Stored data entries:
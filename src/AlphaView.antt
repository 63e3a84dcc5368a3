-- ===== src/AlphaView.antt =====
-- src/main.cpp: the model of the profile alpha, its queries and its search.
pub mod Found
use mtop.Base.{
  ℕ, zero, suc, ◌+◌, ◌-◌, ◌%◌, ◌==◌, ltb, Bool, true, false, not, ◌&&◌, ◌||◌, if◌then◌else◌, List,
  [], ◌∷◌, ◌++◌, Option, none, some, is_nil, any, length, get_elem?, Bytes, str, lowercase,
  contains,
}
use mtop.Base.Double.{Double}
use mtop.Base.Int.{ℤ, pos, negsuc, clamp_ℤ, ltb_ℤ}
use mtop.Base.Sort.{sort_by}
use mtop.Memory.{MemoryRiskSnapshot, derive_memory_risk}
use mtop.Screen.{UiState, keep, process_matches_query}
use mtop.Screen.Searches.{set_status}
use mtop.Snapshot.{SystemSnapshot}
use mtop.Workload.{WorkloadSnapshot, AiProcessRow, workload_kind_label}
use mtop.Workload.AiRows.{build_ai_process_rows, same_bool}
use mtop.Workload.Build.{build_workloads}

-- `lowercase(text).find(needle) != std::string::npos`
abbrev pub mentions : Bytes → Bytes → Bool
mentions text query = contains (lowercase text) (lowercase query)

abbrev suc_ℤ : ℤ → ℕ
suc_ℤ (pos n) = suc n
suc_ℤ (negsuc n) = 0

-- what follows the loop, and its `return`
unfoldable pub select_found : Option ℕ → UiState → ℕ → UiState
unfolding set_status
select_found none state now =
    set_status state (str "No process search match: " ++ state.search) 3000 now
select_found (some index) state now = record state { workload_index = pos index }

module _ {F : Type 0} where
  unfoldable pub workload_matches_query : WorkloadSnapshot F → Bytes → Bool
  workload_matches_query workload query =
      is_nil query
      || (mentions workload.name query
          || mentions (workload_kind_label workload.kind) query
          || mentions workload.model_hint query)
      || any (λ process. mentions process.command query) workload.processes

  -- A row's process is never missing here.
  unfoldable pub ai_process_matches_query : AiProcessRow F → Bytes → Bool
  unfolding process_matches_query
  ai_process_matches_query row query =
      process_matches_query row.process query
      || is_nil query
      || (mentions (workload_kind_label row.detection.kind) query
          || mentions row.detection.model_hint query
          || mentions row.detection.label query)

  -- one step of the loop: its index if the row matches, and else what the later steps give
  abbrev pub look : Option (AiProcessRow F) → Bytes → ℕ → Option ℕ → Option ℕ
  look none query index rest = rest
  look (some row) query index rest = if ai_process_matches_query row query then some index else rest

  -- The loop over `offset`; `tried` counts from 0 what `offset` counts from 1, and `start` is
  -- base_index + 1, so that no number is negative.
  unfoldable pub search_ai_rows : List (AiProcessRow F) → Bytes → ℕ → ℕ → ℕ → Option ℕ
  search_ai_rows rows query start zero tried = none
  search_ai_rows rows query start (suc offsets) tried =
      let rest = search_ai_rows rows query start offsets (suc tried) in
      let index = (start + tried + length rows) % length rows in
      look (get_elem? rows index) query index rest

  -- std::clamp(state.workload_index, -1, size - 1) + 1
  unfoldable pub search_start : List (AiProcessRow F) → ℤ → ℕ
  unfolding clamp_ℤ
  search_start rows workload_index =
      suc_ℤ (clamp_ℤ workload_index (negsuc 0) (pos (length rows - 1)))

  unfoldable pub apply_alpha_search_request : UiState → List (AiProcessRow F) → ℕ → UiState
  unfolding search_ai_rows search_start select_found
  apply_alpha_search_request state rows now =
      let asked = record state { search_pending = false } in
      let found =
        search_ai_rows rows state.search (search_start rows state.workload_index) (length rows) 0 in
      if not state.search_pending
      then state
      else if is_nil state.search || is_nil rows
      then asked
      else select_found found asked now

pub record AlphaModel (F : Type 0) : Type 0 where
  pub workloads : List (WorkloadSnapshot F)
  pub process_rows : List (AiProcessRow F)
  pub risk : MemoryRiskSnapshot

module _ {F : Type 0} where
  -- the two orders for an ascending direction
  unfoldable pub ascending_workloads : WorkloadSnapshot F → WorkloadSnapshot F → Bool
  ascending_workloads lhs rhs = ltb lhs.resident_bytes rhs.resident_bytes

  unfoldable pub ascending_rows : AiProcessRow F → AiProcessRow F → Bool
  ascending_rows lhs rhs =
      if not (same_bool lhs.is_ai rhs.is_ai)
      then lhs.is_ai && not rhs.is_ai
      else if not (lhs.process.resident_bytes == rhs.process.resident_bytes)
      then ltb lhs.process.resident_bytes rhs.process.resident_bytes
      else ltb_ℤ lhs.process.pid rhs.process.pid

module _ {F : Type 0} ⦃d : Double F⦄ where
  -- The two lists before and after the queries; the lists in the end.
  unfoldable pub filtered_lists :
      SystemSnapshot F → UiState → List (WorkloadSnapshot F) × List (AiProcessRow F)
  unfolding workload_matches_query ai_process_matches_query
  filtered_lists snapshot state =
      let workloads = build_workloads snapshot in
      let process_rows = build_ai_process_rows snapshot in
      if not (is_nil state.filter)
      then (
        keep (λ workload. workload_matches_query workload state.filter) workloads,
        keep (λ row. ai_process_matches_query row state.filter) process_rows,
      )
      else (workloads, process_rows)

  unfoldable pub sorted_lists :
      SystemSnapshot F → UiState → List (WorkloadSnapshot F) × List (AiProcessRow F)
  unfolding filtered_lists ascending_workloads ascending_rows
  sorted_lists snapshot state =
      let (workloads, process_rows) = filtered_lists snapshot state in
      if ltb_ℤ (pos 0) state.sort_direction
      then (sort_by ascending_workloads workloads, sort_by ascending_rows process_rows)
      else (workloads, process_rows)

  -- the part of the main loop for the profile alpha, before its search
  unfoldable pub alpha_model : SystemSnapshot F → List (SystemSnapshot F) → UiState → AlphaModel F
  unfolding sorted_lists
  alpha_model snapshot prior_history state =
      let (workloads, process_rows) = sorted_lists snapshot state in
      record {
        workloads = workloads;
        process_rows = process_rows;
        risk = derive_memory_risk snapshot prior_history workloads;
      }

WHAT THE TASK REQUIRES: From the line containing "if not (same_bool lhs.is_ai rhs.is_ai)" down to the last line of the records, transcribe every line exactly and add nothing else.

RESPONSE TO THE TASK:
      if not (same_bool lhs.is_ai rhs.is_ai)
      then lhs.is_ai && not rhs.is_ai
      else if not (lhs.process.resident_bytes == rhs.process.resident_bytes)
      then ltb lhs.process.resident_bytes rhs.process.resident_bytes
      else ltb_ℤ lhs.process.pid rhs.process.pid

module _ {F : Type 0} ⦃d : Double F⦄ where
  -- The two lists before and after the queries; the lists in the end.
  unfoldable pub filtered_lists :
      SystemSnapshot F → UiState → List (WorkloadSnapshot F) × List (AiProcessRow F)
  unfolding workload_matches_query ai_process_matches_query
  filtered_lists snapshot state =
      let workloads = build_workloads snapshot in
      let process_rows = build_ai_process_rows snapshot in
      if not (is_nil state.filter)
      then (
        keep (λ workload. workload_matches_query workload state.filter) workloads,
        keep (λ row. ai_process_matches_query row state.filter) process_rows,
      )
      else (workloads, process_rows)

  unfoldable pub sorted_lists :
      SystemSnapshot F → UiState → List (WorkloadSnapshot F) × List (AiProcessRow F)
  unfolding filtered_lists ascending_workloads ascending_rows
  sorted_lists snapshot state =
      let (workloads, process_rows) = filtered_lists snapshot state in
      if ltb_ℤ (pos 0) state.sort_direction
      then (sort_by ascending_workloads workloads, sort_by ascending_rows process_rows)
      else (workloads, process_rows)

  -- the part of the main loop for the profile alpha, before its search
  unfoldable pub alpha_model : SystemSnapshot F → List (SystemSnapshot F) → UiState → AlphaModel F
  unfolding sorted_lists
  alpha_model snapshot prior_history state =
      let (workloads, process_rows) = sorted_lists snapshot state in
      record {
        workloads = workloads;
        process_rows = process_rows;
        risk = derive_memory_risk snapshot prior_history workloads;
      }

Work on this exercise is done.